Here’s some tips to maximizing the usefulness of your data, regardless of the size

1) Analyze what’s being analyzed today. Consider analyzing how often your stakeholders are using what’s developed and develop surveys or personal engagements to make sure people are using what’s being provided effectively (most BI servers will make it easy to track who’s using what and how often). All because it exists doesn’t mean it’s being fully utilized by end-users, so treat your centralized data team as its own internal startup and the “revenue” or measure of success for that team comes in the number of users taking advantage of what you’ve built to date on a regular basis.

2) Make sure someone is asking for what you’re analyzing.
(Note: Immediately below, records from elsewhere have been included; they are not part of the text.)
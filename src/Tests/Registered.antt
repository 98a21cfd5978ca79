-- ===== src/Tests/Registered.antt =====
-- A host finds the memory and the orchestrator of Tests/Session in its registry.
use herrscher_transport.Prelude.{
  ℕ, ◌≡◌, refl, pos, Option, none, some, List, [], ◌∷◌, ◌++◌, ◌==◌, if◌then◌else◌, String, nat_eq,
  inl, put,
}
use herrscher_transport.Errors.{Error, Result, ok, err, eof}
use herrscher_transport.Codec.{Bytes}
use herrscher_transport.Announce.{
  Announcement, Packages, open_announcement, decode_strict, mac, mac_message,
}
use herrscher_transport.Announce.Decimal.{append_int}
use herrscher_transport.Announce.Time.{sub_abs}
use herrscher_transport.Registry.{Directory, entry, observe, by_category, memories, orchestrators}
use herrscher_transport.Registry.Watching.{Message, watch_message, watch_run}
use herrscher_transport.Registry.Vetted.{IsVetted, watching}
use herrscher_transport.Dial.{Network, dial_memory, dial_orchestrator}
use herrscher_transport.Dial.Loopback.{IsDialed}
use herrscher_transport.Plugin.{PluginServer, empty_router, router_call}
use herrscher_transport.Memory.Proxy.{MemoryProxy, memory_proxy}
use herrscher_transport.Orchestrator.Proxy.{OrchestratorProxy, orchestrator_proxy}
use herrscher_transport.Session.{run_session}
use herrscher_transport.Session.Served.{relay_replies}
use herrscher_transport.Session.Registered.{registered_session}
use herrscher_transport.Tests.Wire.{plain, plain_wire_keeps}
use herrscher_transport.Tests.Memory as MemoryTest
use herrscher_transport.Tests.Orchestrator as OrchestratorTest
use herrscher_transport.Tests.Session.{both, second_registered, calls, calls_survive}
use herrscher_transport.Tests.Announce as AnnounceTest
use herrscher_transport.Tests.Registry.{gated, count}
use herrscher_transport.Tests.Registry as RegistryTest

-- The announcement of a memory is 7, of an orchestrator 8.
abbrev plugin_of : ℕ → Announcement ℕ
plugin_of n = record {
  manifest = n;
  grpc_addr = "near:1";
  instance_id = if nat_eq n 7 then "m" else "o";
}

abbrev read_plugin : Bytes → Result ℕ (Announcement ℕ × Bytes)
read_plugin [] = err eof
read_plugin (n ∷ rest) = ok (plugin_of n, rest)

abbrev plugins : Packages ℕ ℕ
plugins = record AnnounceTest.packages {
  announcement_decoder = record AnnounceTest.packages.announcement_decoder { decode = read_plugin };
}

abbrev directory : Directory ℕ ℕ
directory = record RegistryTest.directory {
  category = λ m. if nat_eq m 7 then "memory" else "orchestrator";
}

abbrev announced : List Message
announced =
    (AnnounceTest.sealed, pos 1000)
    ∷ (0 ∷ 43 ∷ 8 ∷ (AnnounceTest.secret ++ b'4' ∷ b'3' ∷ b'\n' ∷ 8 ∷ []), pos 1001)
    ∷ []

abbrev net : Network ℕ
net = record {
  Credentials = ℕ;
  Conn = String × ℕ;
  quote = λ s. s;
  split_host_port = directory.split_host_port;
  is_loopback_ip = λ host. host == "near";
  insecure = 0;
  new_client = λ addr creds. ok (addr, creds);
  close_conn = λ conn. ok tt;
}

abbrev plugin_client : String × ℕ → PluginServer ℕ (List ℕ)
plugin_client conn = router_call plain both

abbrev no_error : Option (Error ℕ)
no_error = none

abbrev in_the_clear : Option ℕ
in_the_clear = none

abbrev to_memory : MemoryProxy (PluginServer ℕ (List ℕ)) (String × ℕ)
to_memory = record { client = plugin_client ("near:1", 0); dialed = some ("near:1", 0) }

abbrev to_orchestrator : OrchestratorProxy (PluginServer ℕ (List ℕ)) (String × ℕ)
to_orchestrator = record { client = plugin_client ("near:1", 0); dialed = some ("near:1", 0) }

memory_listed :
    memories directory
      (watching plugins directory (some AnnounceTest.secret) count gated.allow announced 0)
    ≡ entry (plugin_of 7) ∷ []
unfolding watch_run watch_message open_announcement decode_strict mac mac_message append_int sub_abs
    observe put by_category memories
memory_listed = refl

orchestrator_listed :
    orchestrators directory
      (watching plugins directory (some AnnounceTest.secret) count gated.allow announced 0)
    ≡ entry (plugin_of 8) ∷ []
unfolding watch_run watch_message open_announcement decode_strict mac mac_message append_int sub_abs
    observe put by_category orchestrators
orchestrator_listed = refl

registered_session_example :
    (run_session MemoryTest.types OrchestratorTest.types
        (memory_proxy plain MemoryTest.types (router_call plain both))
        (orchestrator_proxy plain OrchestratorTest.types (router_call plain both))
        calls
        []
      ≡ relay_replies plain plain_wire_keeps MemoryTest.types OrchestratorTest.types MemoryTest.real
          OrchestratorTest.real
          (run_session MemoryTest.types OrchestratorTest.types MemoryTest.real OrchestratorTest.real
            calls []))
    × IsVetted plugins directory
        (some AnnounceTest.secret)
        count
        gated.allow
        announced
        (entry (plugin_of 7))
    × IsVetted plugins directory
        (some AnnounceTest.secret)
        count
        gated.allow
        announced
        (entry (plugin_of 8))
    × ((c : String × ℕ) × IsDialed net no_error (entry (plugin_of 7)) in_the_clear c)
    × ((c : String × ℕ) × IsDialed net no_error (entry (plugin_of 8)) in_the_clear c)
unfolding dial_memory dial_orchestrator
registered_session_example =
    registered_session plugins directory net plain plain_wire_keeps MemoryTest.types
      OrchestratorTest.types plugin_client MemoryTest.real OrchestratorTest.real
      (some AnnounceTest.secret) count gated.allow announced 0 (entry (plugin_of 7))
      (entry (plugin_of 8)) (rw memory_listed (inl refl)) (rw orchestrator_listed (inl refl))
      no_error in_the_clear to_memory to_orchestrator refl refl empty_router MemoryTest.router both
      MemoryTest.registered second_registered (λ creds conn h. refl) (λ creds conn h. refl) calls []
      calls_survive
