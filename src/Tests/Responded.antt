-- ===== src/Tests/Responded.antt =====
-- A host finds the backend of Tests/Backend in its registry.
use herrscher_transport.Prelude.{
  ℕ, ◌≡◌, refl, Option, none, some, List, [], ◌∷◌, ◌==◌, String, inl, put,
}
use herrscher_transport.Errors.{Error, ok, eof}
use herrscher_transport.Errors.Format.{text}
use herrscher_transport.Codec.{encode_args}
use herrscher_transport.Announce.{open_announcement, decode_strict, mac, mac_message}
use herrscher_transport.Announce.Decimal.{append_int}
use herrscher_transport.Announce.Time.{sub_abs}
use herrscher_transport.Registry.{Directory, entry, observe, by_category, backends}
use herrscher_transport.Registry.Watching.{watch_message, watch_run}
use herrscher_transport.Registry.Vetted.{IsVetted, watching}
use herrscher_transport.Dial.{Network, dial_backend}
use herrscher_transport.Dial.Loopback.{IsDialed}
use herrscher_transport.Plugin.{ResultEnvelope}
use herrscher_transport.Backend.{err_string}
use herrscher_transport.Backend.Proxy
use herrscher_transport.Backend.Proxy.{BackendProxy, close_backend_proxy, receive_failure}
use herrscher_transport.Backend.Turns.{send_upto}
use herrscher_transport.Backend.Service.{
  Served, register_backend_skeleton, backend_respond_full_method,
}
use herrscher_transport.Session.Responded.{receives, registered_respond}
use herrscher_transport.Tests.Wire.{plain_wire, plain_wire_keeps}
use herrscher_transport.Tests.Backend.{
  types, enc, real, note, broken, grpc, runs_streams, array_of_6,
}
use herrscher_transport.Tests.Announce.{packages, secret, from}
use herrscher_transport.Tests.Registry as RegistryTest
use herrscher_transport.Tests.Registry.{gated, count, arrived}

abbrev directory : Directory ℕ ℕ
directory = record RegistryTest.directory { category = λ m. "backend" }

abbrev net : Network ℕ
net = record {
  Credentials = ℕ;
  Conn = String × ℕ;
  quote = λ s. s;
  split_host_port = directory.split_host_port;
  is_loopback_ip = λ host. host == "near";
  insecure = 0;
  new_client = λ addr creds. ok (addr, creds);
  close_conn = λ conn. ok tt;
}

abbrev no_error : Option (Error ℕ)
no_error = none

abbrev secure : Option ℕ
secure = some 5

abbrev proxy : BackendProxy (String × ℕ)
proxy = record { cc = ("near:1", 5); dialed = some ("near:1", 5) }

abbrev open_on : String × ℕ → String → Served ℕ (List ResultEnvelope) (List ℕ)
open_on conn method =
    grpc.open_stream
      (register_backend_skeleton (receives array_of_6) plain_wire types (send_upto 1 broken) grpc []
        real)
      method

backend_listed :
    backends directory (watching packages directory (some secret) count gated.allow arrived 0)
    ≡ entry (from 7) ∷ []
unfolding watch_run watch_message open_announcement decode_strict mac mac_message append_int sub_abs
    observe put by_category backends
backend_listed = refl

registered_respond_example :
    let served_call = open_on ("near:1", 5) backend_respond_full_method [] (2 ∷ []) in
    (served_call.1 ≡ 6 ∷ 2 ∷ [])
    × (Proxy.respond plain_wire types
          (some note)
          (ok tt)
          (λ env. ok tt)
          (ok tt)
          (record { frames = served_call.0.1; ending = eof })
          6
          []
        ≡ (("", some (receive_failure eof)), 5 ∷ []))
    × IsVetted packages directory (some secret) count gated.allow arrived (entry (from 7))
    × IsDialed net no_error (entry (from 7)) secure ("near:1", 5)
    × (close_backend_proxy net.close_conn proxy ≡ ok tt)
unfolding err_string text encode_args dial_backend
registered_respond_example =
    registered_respond packages directory net plain_wire plain_wire_keeps types enc grpc open_on
      real note 1 broken eof array_of_6 (some secret) count gated.allow arrived 0 (entry (from 7))
      (rw backend_listed (inl refl)) no_error secure proxy refl [] runs_streams
      (λ creds conn method h. refl) (λ env. ok tt) 6 (2 ∷ []) [] (6 ∷ [], refl, refl, refl) refl
      refl ((refl, (refl, tt)), refl) ((refl, (refl, tt)), refl)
If someone isn’t asking for it, then it’s not going to be utilized. I’ve made the mistake of building dashboards I thought would be useful to a department, only to find out that they were busy solving other problems and never actually spent time with what I built. If no one is worried about customer trends at the moment, don’t spend time collecting and analyzing customer trend data. It’s not to say customer trends aren’t important, but the data needs an end-user that cares to spend time with what you’re building in order to generate the business impact. Wait for the need to be raised, before spending the time developing analysis related to that data related to that need if at all possible. Better yet, consider if you even need to start collecting data related to that area if it makes sense. Yes, often times for things like trends you need to have already collected data over time to circle back and analyze it, but that’s also the excuse companies will use to collect and store EVERYTHING on the off chance someone wants to analyze the full corpus over time.

3) Get rid of what’s not tied to a measurable business impact. Don’t be afraid to drop what’s not being used or stop collecting data that isn’t useful. A lean and effective data warehouse driving quantifiable business impact is far more useful at the end of the day than massive data lakes with very little tangible business value. Too much data infrastructure built up around data that’s not entirely useful is going to grow in cost and complexity to maintain. It’s better to ramp down parts of your data organization that isn’t beneficial than try and keep it all going on the off chance less useful parts of your data ecosystem are utilized at some point down the line.

4) Use what’s easy to collect and analyze first, then work your way to bigger and more complex data ecosystems. Doesn’t have to be state of the art to be useful, and it doesn’t have to be big data to drive a business impact. Consider the right tool for the job, and only grow your ecosystem into more data sets, handling more complexity, as what you’ve built today ties to a measurable ROI with the full buy-in of your stakeholders. If everyone can point to the use what you’ve build and managed today can provide, it’s much easier to justify going to the next level in both time and cost.